WORK ORDER:
Scan the records beneath this line for the line holding "-- ===== src/SimDuration/Tests.antt" and the line holding "-- Five nanoseconds", then transcribe exactly those two and all lines between.

******

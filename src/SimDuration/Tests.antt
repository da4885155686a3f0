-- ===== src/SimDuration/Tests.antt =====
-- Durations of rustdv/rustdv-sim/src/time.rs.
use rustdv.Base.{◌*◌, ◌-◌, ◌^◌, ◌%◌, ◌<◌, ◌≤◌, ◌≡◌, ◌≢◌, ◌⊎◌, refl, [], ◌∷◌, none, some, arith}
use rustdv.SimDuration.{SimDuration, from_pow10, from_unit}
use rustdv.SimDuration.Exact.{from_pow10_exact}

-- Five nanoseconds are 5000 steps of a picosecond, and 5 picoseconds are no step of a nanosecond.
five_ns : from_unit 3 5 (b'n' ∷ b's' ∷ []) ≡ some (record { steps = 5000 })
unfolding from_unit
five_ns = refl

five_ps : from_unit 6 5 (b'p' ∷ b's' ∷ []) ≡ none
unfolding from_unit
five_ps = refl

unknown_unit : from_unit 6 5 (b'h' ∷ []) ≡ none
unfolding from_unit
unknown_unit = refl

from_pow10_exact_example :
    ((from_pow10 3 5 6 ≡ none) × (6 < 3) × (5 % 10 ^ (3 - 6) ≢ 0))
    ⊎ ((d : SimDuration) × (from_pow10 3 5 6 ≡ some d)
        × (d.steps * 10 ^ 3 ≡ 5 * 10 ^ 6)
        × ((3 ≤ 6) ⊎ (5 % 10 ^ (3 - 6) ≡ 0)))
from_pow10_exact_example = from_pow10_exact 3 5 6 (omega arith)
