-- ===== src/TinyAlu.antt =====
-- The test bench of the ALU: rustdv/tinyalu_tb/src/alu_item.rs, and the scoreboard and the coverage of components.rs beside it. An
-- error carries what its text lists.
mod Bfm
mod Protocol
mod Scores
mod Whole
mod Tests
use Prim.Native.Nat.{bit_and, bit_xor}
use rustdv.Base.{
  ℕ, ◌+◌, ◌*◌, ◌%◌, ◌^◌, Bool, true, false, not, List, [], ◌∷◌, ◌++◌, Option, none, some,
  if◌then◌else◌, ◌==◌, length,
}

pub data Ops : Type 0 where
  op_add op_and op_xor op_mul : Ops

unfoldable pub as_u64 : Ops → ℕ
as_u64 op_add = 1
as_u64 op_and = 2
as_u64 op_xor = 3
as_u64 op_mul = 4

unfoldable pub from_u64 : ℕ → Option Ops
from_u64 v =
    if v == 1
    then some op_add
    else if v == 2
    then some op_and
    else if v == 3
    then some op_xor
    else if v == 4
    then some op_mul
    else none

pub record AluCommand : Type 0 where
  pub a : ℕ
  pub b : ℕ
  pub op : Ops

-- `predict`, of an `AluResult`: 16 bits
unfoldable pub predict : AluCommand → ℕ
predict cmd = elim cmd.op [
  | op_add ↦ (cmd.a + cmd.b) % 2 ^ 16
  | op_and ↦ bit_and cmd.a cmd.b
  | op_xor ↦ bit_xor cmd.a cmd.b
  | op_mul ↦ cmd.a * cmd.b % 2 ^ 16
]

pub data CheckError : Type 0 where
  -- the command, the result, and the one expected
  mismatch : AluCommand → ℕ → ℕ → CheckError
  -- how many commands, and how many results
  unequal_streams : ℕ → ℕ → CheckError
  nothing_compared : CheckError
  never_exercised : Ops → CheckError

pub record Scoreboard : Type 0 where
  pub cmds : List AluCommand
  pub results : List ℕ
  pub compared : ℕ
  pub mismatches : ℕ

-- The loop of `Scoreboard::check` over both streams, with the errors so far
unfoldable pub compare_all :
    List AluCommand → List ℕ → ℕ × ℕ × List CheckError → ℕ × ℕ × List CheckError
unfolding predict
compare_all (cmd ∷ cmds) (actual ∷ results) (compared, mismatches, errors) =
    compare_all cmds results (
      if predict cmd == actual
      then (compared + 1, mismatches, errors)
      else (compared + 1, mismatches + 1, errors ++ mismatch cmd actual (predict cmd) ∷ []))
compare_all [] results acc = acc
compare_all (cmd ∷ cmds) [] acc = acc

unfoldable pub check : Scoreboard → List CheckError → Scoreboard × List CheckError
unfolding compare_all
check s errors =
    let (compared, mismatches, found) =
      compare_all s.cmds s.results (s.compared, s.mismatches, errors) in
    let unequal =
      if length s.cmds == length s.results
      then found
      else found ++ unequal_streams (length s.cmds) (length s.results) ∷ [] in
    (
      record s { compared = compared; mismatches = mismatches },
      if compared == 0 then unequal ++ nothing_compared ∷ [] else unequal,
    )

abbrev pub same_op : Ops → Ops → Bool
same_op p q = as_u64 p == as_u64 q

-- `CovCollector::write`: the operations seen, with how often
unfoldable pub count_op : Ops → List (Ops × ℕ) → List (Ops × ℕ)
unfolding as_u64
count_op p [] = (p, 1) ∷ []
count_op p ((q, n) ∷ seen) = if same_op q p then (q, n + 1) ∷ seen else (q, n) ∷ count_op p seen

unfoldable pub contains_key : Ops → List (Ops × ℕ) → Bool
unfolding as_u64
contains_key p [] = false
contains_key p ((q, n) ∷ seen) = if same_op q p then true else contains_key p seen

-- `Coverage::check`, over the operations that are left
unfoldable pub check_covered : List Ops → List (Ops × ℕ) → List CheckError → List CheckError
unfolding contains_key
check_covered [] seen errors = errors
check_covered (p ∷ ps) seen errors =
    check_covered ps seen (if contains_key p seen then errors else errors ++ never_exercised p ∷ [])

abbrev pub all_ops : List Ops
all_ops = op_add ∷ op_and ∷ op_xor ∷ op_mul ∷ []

******

ANSWER BELOW:
-- ===== src/SimDuration/Tests.antt =====
-- Durations of rustdv/rustdv-sim/src/time.rs.
use rustdv.Base.{◌*◌, ◌-◌, ◌^◌, ◌%◌, ◌<◌, ◌≤◌, ◌≡◌, ◌≢◌, ◌⊎◌, refl, [], ◌∷◌, none, some, arith}
use rustdv.SimDuration.{SimDuration, from_pow10, from_unit}
use rustdv.SimDuration.Exact.{from_pow10_exact}

-- Five nanoseconds are 5000 steps of a picosecond, and 5 picoseconds are no step of a nanosecond.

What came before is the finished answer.